* Problem to solve: The answer must consist of every line from the entries below that contains the word "filled".

Stored entries
* * * *
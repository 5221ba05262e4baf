-- ===== src/FileTransfer/Run.antt =====
-- A transfer as a machine: the events that the session reports and the calls of the application, in
-- any order.
use elastos_net_carrier_nati.Base.{ℕ, List, Bool, Option}
use elastos_net_carrier_nati.FileTransfer.Data.{
  ElaFileTransferInfo, ElaFileTransfer, Env, StreamState,
}
use elastos_net_carrier_nati.FileTransfer.Slots.{Changes}
use elastos_net_carrier_nati.FileTransfer.Events.{
  stream_channel_open, stream_channel_opened, stream_channel_close, stream_channel_data,
  stream_channel_pending, stream_channel_resume,
}
use elastos_net_carrier_nati.FileTransfer.Connection.{
  sessionreq_complete_callback, stream_state_changed, ela_filetransfer_connect,
  ela_filetransfer_accept_connect,
}
use elastos_net_carrier_nati.FileTransfer.Calls.{
  ela_filetransfer_add, ela_filetransfer_pull, ela_filetransfer_send, ela_filetransfer_cancel,
  ela_filetransfer_pend, ela_filetransfer_resume,
}
use elastos_net_carrier_nati.FileTransfer.Files.{ela_filetransfer_set_userdata}
use elastos_net_carrier_nati.FileTransfer.Moves.{
  same-Changes, stream_channel_open-Changes, stream_channel_opened-Changes,
  stream_channel_close-Changes, stream_channel_data-Changes, stream_channel_pending-Changes,
  stream_channel_resume-Changes,
}
use elastos_net_carrier_nati.FileTransfer.CallMoves.{
  ela_filetransfer_add-Changes, ela_filetransfer_pull-Changes, ela_filetransfer_send-Changes,
  ela_filetransfer_cancel-Changes, ela_filetransfer_pend-Changes, ela_filetransfer_resume-Changes,
  ela_filetransfer_set_userdata-Changes,
}
use elastos_net_carrier_nati.FileTransfer.StreamMoves.{
  stream_state_changed-Changes, completed, completed-files, connect-files, accept_connect-files,
}

-- What may happen to a transfer, with its arguments.
pub data Event : Type 0 where
  channel_open : ℕ → Option (List ℕ) → Event
  channel_opened channel_close channel_pending channel_resume : ℕ → Event
  channel_data : ℕ → List ℕ → Event
  state_changed : StreamState → Event
  request_completed : List ℕ → Bool → List ℕ → Event
  connect accept_connect : Event
  add : ElaFileTransferInfo → Event
  pull : List ℕ → ℕ → Event
  send : List ℕ → List ℕ → Event
  cancel : List ℕ → ℕ → List ℕ → Event
  pend resume : List ℕ → Event
  set_userdata : List ℕ → ℕ → Event

module _ {env : Env} where
  unfoldable pub step : ElaFileTransfer env → Event → ElaFileTransfer env
  unfolding stream_channel_open stream_channel_opened stream_channel_close stream_channel_data
      stream_channel_pending stream_channel_resume stream_state_changed sessionreq_complete_callback
      ela_filetransfer_connect ela_filetransfer_accept_connect ela_filetransfer_add
      ela_filetransfer_pull ela_filetransfer_send ela_filetransfer_cancel ela_filetransfer_pend
      ela_filetransfer_resume ela_filetransfer_set_userdata
  step ft (channel_open c cookie) = (stream_channel_open ft c cookie).1
  step ft (channel_opened c) = stream_channel_opened ft c
  step ft (channel_close c) = stream_channel_close ft c
  step ft (channel_pending c) = stream_channel_pending ft c
  step ft (channel_resume c) = stream_channel_resume ft c
  step ft (channel_data c data_) = (stream_channel_data ft c data_).1
  step ft (state_changed state) = stream_state_changed ft state
  step ft (request_completed bundle accepted sdp) =
      completed ft (sessionreq_complete_callback ft bundle accepted sdp)
  step ft connect = (ela_filetransfer_connect ft).1
  step ft accept_connect = (ela_filetransfer_accept_connect ft).1
  step ft (add info) = (ela_filetransfer_add ft info).1
  step ft (pull id offset) = (ela_filetransfer_pull ft id offset).1
  step ft (send id data_) = (ela_filetransfer_send ft id data_).1
  step ft (cancel id status reason) = (ela_filetransfer_cancel ft id status reason).1
  step ft (pend id) = (ela_filetransfer_pend ft id).1
  step ft (resume id) = (ela_filetransfer_resume ft id).1
  step ft (set_userdata id u) = (ela_filetransfer_set_userdata ft id u).1

  -- Every event of the session and every call of the application leaves the slots as they were, or
  -- changes one slot only, by a move of its state machine.
  pub step-Changes :
      (ft : ElaFileTransfer env) (event : Event) → Changes ft.files (step ft event).files
  unfolding step
  step-Changes ft (channel_open c cookie) = stream_channel_open-Changes ft c cookie
  step-Changes ft (channel_opened c) = stream_channel_opened-Changes ft c
  step-Changes ft (channel_close c) = stream_channel_close-Changes ft c
  step-Changes ft (channel_pending c) = stream_channel_pending-Changes ft c
  step-Changes ft (channel_resume c) = stream_channel_resume-Changes ft c
  step-Changes ft (channel_data c data_) = stream_channel_data-Changes ft c data_
  step-Changes ft (state_changed state) = stream_state_changed-Changes ft state
  step-Changes ft (request_completed bundle accepted sdp) =
      same-Changes _ _ (completed-files ft bundle accepted sdp)
  step-Changes ft connect = same-Changes _ _ (connect-files ft)
  step-Changes ft accept_connect = same-Changes _ _ (accept_connect-files ft)
  step-Changes ft (add info) = ela_filetransfer_add-Changes ft info
  step-Changes ft (pull id offset) = ela_filetransfer_pull-Changes ft id offset
  step-Changes ft (send id data_) = ela_filetransfer_send-Changes ft id data_
  step-Changes ft (cancel id status reason) = ela_filetransfer_cancel-Changes ft id status reason
  step-Changes ft (pend id) = ela_filetransfer_pend-Changes ft id
  step-Changes ft (resume id) = ela_filetransfer_resume-Changes ft id
  step-Changes ft (set_userdata id u) = ela_filetransfer_set_userdata-Changes ft id u
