-- ===== src/FileTransfer/Tests.antt =====
-- A session that writes everything down, and runs of src/filetransfer/filetransfer.c on it.
use elastos_net_carrier_nati.Base.{
  ℕ, ◌≡◌, refl, List, [], ◌∷◌, true, false, Option, some, arith, length,
}
use elastos_net_carrier_nati.Mux.Channel.{ok}
use elastos_net_carrier_nati.FileTransfer.Data.{
  FileState, FileTransferItem, ElaFileTransferCallbacks, ElaFileTransfer, Env, Role, Connection,
  sender, receiver, transfering, zero_item, get_fileinfo_free, get_fileinfo_channel,
  get_fileinfo_fileid, find_item, put_file, tell,
}
use elastos_net_carrier_nati.FileTransfer.Cookie.{
  IsWord, HasNoSpace, file_cookie, parse_offer, parse_reply, reply_bundle, parse_offer-parse_reply,
}
use elastos_net_carrier_nati.FileTransfer.Packet.{pull_bytes, cancel_bytes, HasNoZero}
use elastos_net_carrier_nati.FileTransfer.Slots.{Changes}
use elastos_net_carrier_nati.FileTransfer.Events.{
  stream_channel_open, stream_channel_close, stream_channel_data,
}
use elastos_net_carrier_nati.FileTransfer.Calls.{
  ela_filetransfer_pull, ela_filetransfer_cancel, ela_filetransfer_send, ela_filetransfer_pend,
  ela_filetransfer_resume,
}
use elastos_net_carrier_nati.FileTransfer.Exchange.{
  taken_slot, channel_open-cookie, channel_close-channel_open,
}
use elastos_net_carrier_nati.FileTransfer.Delivery.{
  Receives, ela_filetransfer_pull-stream_channel_data, ela_filetransfer_cancel-stream_channel_data,
}
use elastos_net_carrier_nati.FileTransfer.Guards.{
  Waits, Runs, Used, IsStandby, IsTransfering, Verdict, calls-Verdict,
}
use elastos_net_carrier_nati.FileTransfer.Run.{channel_close, step, step-Changes}

-- Everything succeeds; the world is what was written, the last first.
abbrev logged : Env
logged = record {
  World = List (List ℕ);
  ela_stream_open_channel = λ cookie w. (ok 7, cookie ∷ w);
  ela_stream_write_channel = λ c data_ w. (ok (length data_), data_ ∷ w);
  ela_stream_pend_channel = λ c w. (ok 0, w);
  ela_stream_resume_channel = λ c w. (ok 0, w);
  ela_session_new = λ address w. (ok 0, w);
  ela_session_request = λ bundle w. (ok 0, bundle ∷ w);
  ela_session_reply_request = λ bundle accepted w. (ok 0, bundle ∷ w);
  ela_session_start = λ sdp w. (ok 0, w);
  ela_session_add_stream = λ w. (ok 1, w);
  ela_session_remove_stream = λ stream w. w;
  ela_session_close = λ w. w;
  extension = λ w. true;
  filereqs_remove = λ address w. (Option.none, w);
  alloc = λ w. (true, w);
  ela_filetransfer_fileid = λ w. (70 ∷ [], w);
  basename = λ path. some path;
  ela_id_is_valid = λ id. true;
  stack = λ i. 0;
}

abbrev quiet : ElaFileTransferCallbacks logged
quiet = record {
  state_changed = Option.none;
  file = Option.none;
  pull = some (λ id offset w. (offset ∷ id) ∷ w);
  data_ = Option.none;
  pending = Option.none;
  resume = Option.none;
  cancel = some (λ id status reason w. reason ∷ w);
}

-- The file "F" of 10 bytes, named "a", on channel 7.
abbrev waiting : FileTransferItem
waiting = taken_slot zero_item 7 (97 ∷ []) (70 ∷ []) 10

abbrev transfer : Role → List FileTransferItem → ElaFileTransfer logged
transfer role files = record {
  address = 65 ∷ [];
  files = files;
  stream = ok 1;
  error = 0;
  state = Connection.connected;
  callbacks = quiet;
  sdp = [];
  sender_receiver = role;
  ready_to_connect = true;
  world = [];
}

abbrev empty_slots : List FileTransferItem
empty_slots = zero_item ∷ zero_item ∷ zero_item ∷ zero_item ∷ zero_item ∷ []

abbrev one_file : List FileTransferItem
one_file = waiting ∷ zero_item ∷ zero_item ∷ zero_item ∷ zero_item ∷ []

F-IsWord : IsWord 45 (70 ∷ [])
unfolding HasNoSpace
F-IsWord = record { filled = omega arith; fits = omega arith; solid = (refl, tt) }

a-IsWord : IsWord 255 (97 ∷ [])
unfolding HasNoSpace
a-IsWord = record { filled = omega arith; fits = omega arith; solid = (refl, tt) }

F-Receives : Receives (transfer receiver one_file) (70 ∷ []) 0 waiting
unfolding get_fileinfo_fileid find_item
F-Receives = record { named = refl; found = refl; role = refl; connected = refl }

channel_open-cookie_example :
    stream_channel_open
      (transfer receiver empty_slots)
      7
      (some (file_cookie (97 ∷ []) (70 ∷ []) 10))
    ≡ (true, put_file (transfer receiver empty_slots) 0 waiting)
unfolding get_fileinfo_fileid get_fileinfo_free find_item
channel_open-cookie_example =
    channel_open-cookie (transfer receiver empty_slots) 7 (97 ∷ []) (70 ∷ []) 10 0 zero_item
      a-IsWord F-IsWord (omega arith) refl refl refl refl

channel_close-channel_open_example :
    stream_channel_open
      (stream_channel_close (transfer receiver one_file) 7)
      8
      (some (file_cookie (97 ∷ []) (70 ∷ []) 10))
    ≡ (false, stream_channel_close (transfer receiver one_file) 7)
unfolding get_fileinfo_channel get_fileinfo_fileid find_item
channel_close-channel_open_example =
    channel_close-channel_open (transfer receiver one_file) 7 8 0 waiting (97 ∷ []) 10 a-IsWord
      F-IsWord (omega arith) refl refl refl

pull-data_example :
    (ela_filetransfer_pull (transfer receiver one_file) (70 ∷ []) 3 ≡ (
      ok 0,
      put_file
          (record (transfer receiver one_file) { world = pull_bytes (λ i. 0) 3 ∷ [] })
          0
          (record waiting { state = transfering }),
    ))
    × (stream_channel_data (transfer sender one_file) 7 (pull_bytes (λ i. 0) 3) ≡ (
      true,
      tell
          (put_file (transfer sender one_file) 0 (record waiting { state = transfering }))
          quiet.pull
          (λ f. f (70 ∷ []) 3),
    ))
unfolding get_fileinfo_channel find_item pull_bytes
pull-data_example =
    ela_filetransfer_pull-stream_channel_data (transfer receiver one_file)
      (transfer sender one_file) (70 ∷ []) 3 0 16 7 0 waiting waiting (omega arith) F-Receives refl
      refl refl refl refl refl

cancel-data_example :
    (ela_filetransfer_cancel (transfer receiver one_file) (70 ∷ []) 5 (110 ∷ []) ≡ (
      ok 0,
      record (transfer receiver one_file) { world = cancel_bytes (λ i. 0) 5 (110 ∷ []) ∷ [] },
    ))
    × (stream_channel_data (transfer sender one_file) 7 (cancel_bytes (λ i. 0) 5 (110 ∷ [])) ≡ (
      false,
      tell
          (put_file (transfer sender one_file) 0 (record waiting { state = FileState.none }))
          quiet.cancel
          (λ f. f (70 ∷ []) 5 (110 ∷ [])),
    ))
unfolding get_fileinfo_channel find_item cancel_bytes HasNoZero
cancel-data_example =
    ela_filetransfer_cancel-stream_channel_data (transfer receiver one_file)
      (transfer sender one_file) (70 ∷ []) 5 (110 ∷ []) 0 13 7 0 waiting waiting (omega arith)
      (refl, tt) F-Receives refl refl refl refl

parse_offer-parse_reply_example :
    (parse_offer (file_cookie (97 ∷ []) (70 ∷ []) 10)
      ≡ some (record { filename = 97 ∷ []; fileid = 70 ∷ []; size = 10 }))
    × (parse_reply (reply_bundle (70 ∷ [])) ≡ some (70 ∷ []))
parse_offer-parse_reply_example =
    parse_offer-parse_reply (97 ∷ []) (70 ∷ []) 10 a-IsWord F-IsWord (omega arith)

step-Changes_example : Changes one_file (step (transfer receiver one_file) (channel_close 7)).files
step-Changes_example = step-Changes (transfer receiver one_file) (channel_close 7)

abbrev rt : ElaFileTransfer logged
rt = transfer receiver one_file

abbrev id : List ℕ
id = 70 ∷ []

calls-Verdict_example :
    Verdict rt (ela_filetransfer_pull rt id 3) id true (Waits 3)
    × Verdict rt (ela_filetransfer_send rt id (1 ∷ [])) id false (Runs 1)
    × Verdict rt (ela_filetransfer_cancel rt id 5 (110 ∷ [])) id true Used
    × Verdict rt (ela_filetransfer_pend rt id) id true IsTransfering
    × Verdict rt (ela_filetransfer_resume rt id) id true IsStandby
calls-Verdict_example = calls-Verdict rt id 3 5 (1 ∷ []) (110 ∷ [])
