-- ===== src/FlexBuffer/Tests.antt =====
-- Runs of the functions of src/session/flex_buffer.h.
use elastos_net_carrier_nati.Base.{◌≡◌, refl, [], ◌∷◌, arith}
use elastos_net_carrier_nati.FlexBuffer.{
  FlexBuffer, contents, flex_buffer_from, flex_buffer_forward_offset, flex_buffer_backward_offset,
  flex_buffer_append, flex_buffer_append2,
}
use elastos_net_carrier_nati.FlexBuffer.Refine.{
  IsValid, extended, append-contents, append2-contents, forward-contents, backward-contents,
  forward-backward, flex_buffer_from-contents,
}

abbrev dest : FlexBuffer
dest = record { capacity = 6; offset = 2; size = 2; buffer = 9 ∷ 9 ∷ 1 ∷ 2 ∷ 0 ∷ 0 ∷ [] }

abbrev src : FlexBuffer
src = record { capacity = 4; offset = 1; size = 3; buffer = 8 ∷ 3 ∷ 4 ∷ 5 ∷ [] }

dest-IsValid : IsValid dest
dest-IsValid = record { block = refl; inside = omega arith; small = omega arith }

src-IsValid : IsValid src
src-IsValid = record { block = refl; inside = omega arith; small = omega arith }

-- Three bytes do not fit into room for two.
append-contents_example :
    (contents (flex_buffer_append dest src) ≡ 1 ∷ 2 ∷ 3 ∷ 4 ∷ [])
    × IsValid (flex_buffer_append dest src)
append-contents_example = append-contents dest src dest-IsValid src-IsValid

append2-contents_example :
    (contents (flex_buffer_append2 dest src 1) ≡ 1 ∷ 2 ∷ 3 ∷ [])
    × IsValid (flex_buffer_append2 dest src 1)
    × (flex_buffer_append2 dest src 1 ≡ extended dest (3 ∷ []))
append2-contents_example =
    append2-contents dest src dest-IsValid src-IsValid 1 (omega arith) (omega arith)

forward-contents_example :
    (contents (flex_buffer_forward_offset src 2) ≡ 5 ∷ [])
    × IsValid (flex_buffer_forward_offset src 2)
    × ((flex_buffer_forward_offset src 2).size ≡ 1)
forward-contents_example = forward-contents src 2 src-IsValid (omega arith)

backward-contents_example :
    (contents (flex_buffer_backward_offset src 1) ≡ 8 ∷ 3 ∷ 4 ∷ 5 ∷ [])
    × IsValid (flex_buffer_backward_offset src 1)
    × (flex_buffer_backward_offset src 1 ≡ record src { offset = 0; size = 4 })
backward-contents_example = backward-contents src 1 src-IsValid (omega arith)

forward-backward_example : flex_buffer_forward_offset (flex_buffer_backward_offset src 1) 1 ≡ src
forward-backward_example = forward-backward src 1 src-IsValid (omega arith)

flex_buffer_from-contents_example :
    (contents (flex_buffer_from (0 ∷ 0 ∷ 0 ∷ 0 ∷ []) 2 (5 ∷ 6 ∷ [])) ≡ 5 ∷ 6 ∷ [])
    × IsValid (flex_buffer_from (0 ∷ 0 ∷ 0 ∷ 0 ∷ []) 2 (5 ∷ 6 ∷ []))
flex_buffer_from-contents_example =
    flex_buffer_from-contents (0 ∷ 0 ∷ 0 ∷ 0 ∷ []) 2 (5 ∷ 6 ∷ []) refl (omega arith)
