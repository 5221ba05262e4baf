-- ===== src/Invite.antt =====
-- The friend invitations of src/carrier/ela_carrier.c: requests and responses that are cut into
-- fragments by the sender and put together again by the receiver.
pub mod Data
pub mod Send
pub mod Receive
pub mod Fragments
pub mod Assembly
pub mod Completion
pub mod Address
pub mod Sending
mod Simple
mod Tests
* * * *
* Expected answer:
F-IsWord = record { filled = omega arith; fits = omega arith; solid = (refl, tt) }
a-IsWord = record { filled = omega arith; fits = omega arith; solid = (refl, tt) }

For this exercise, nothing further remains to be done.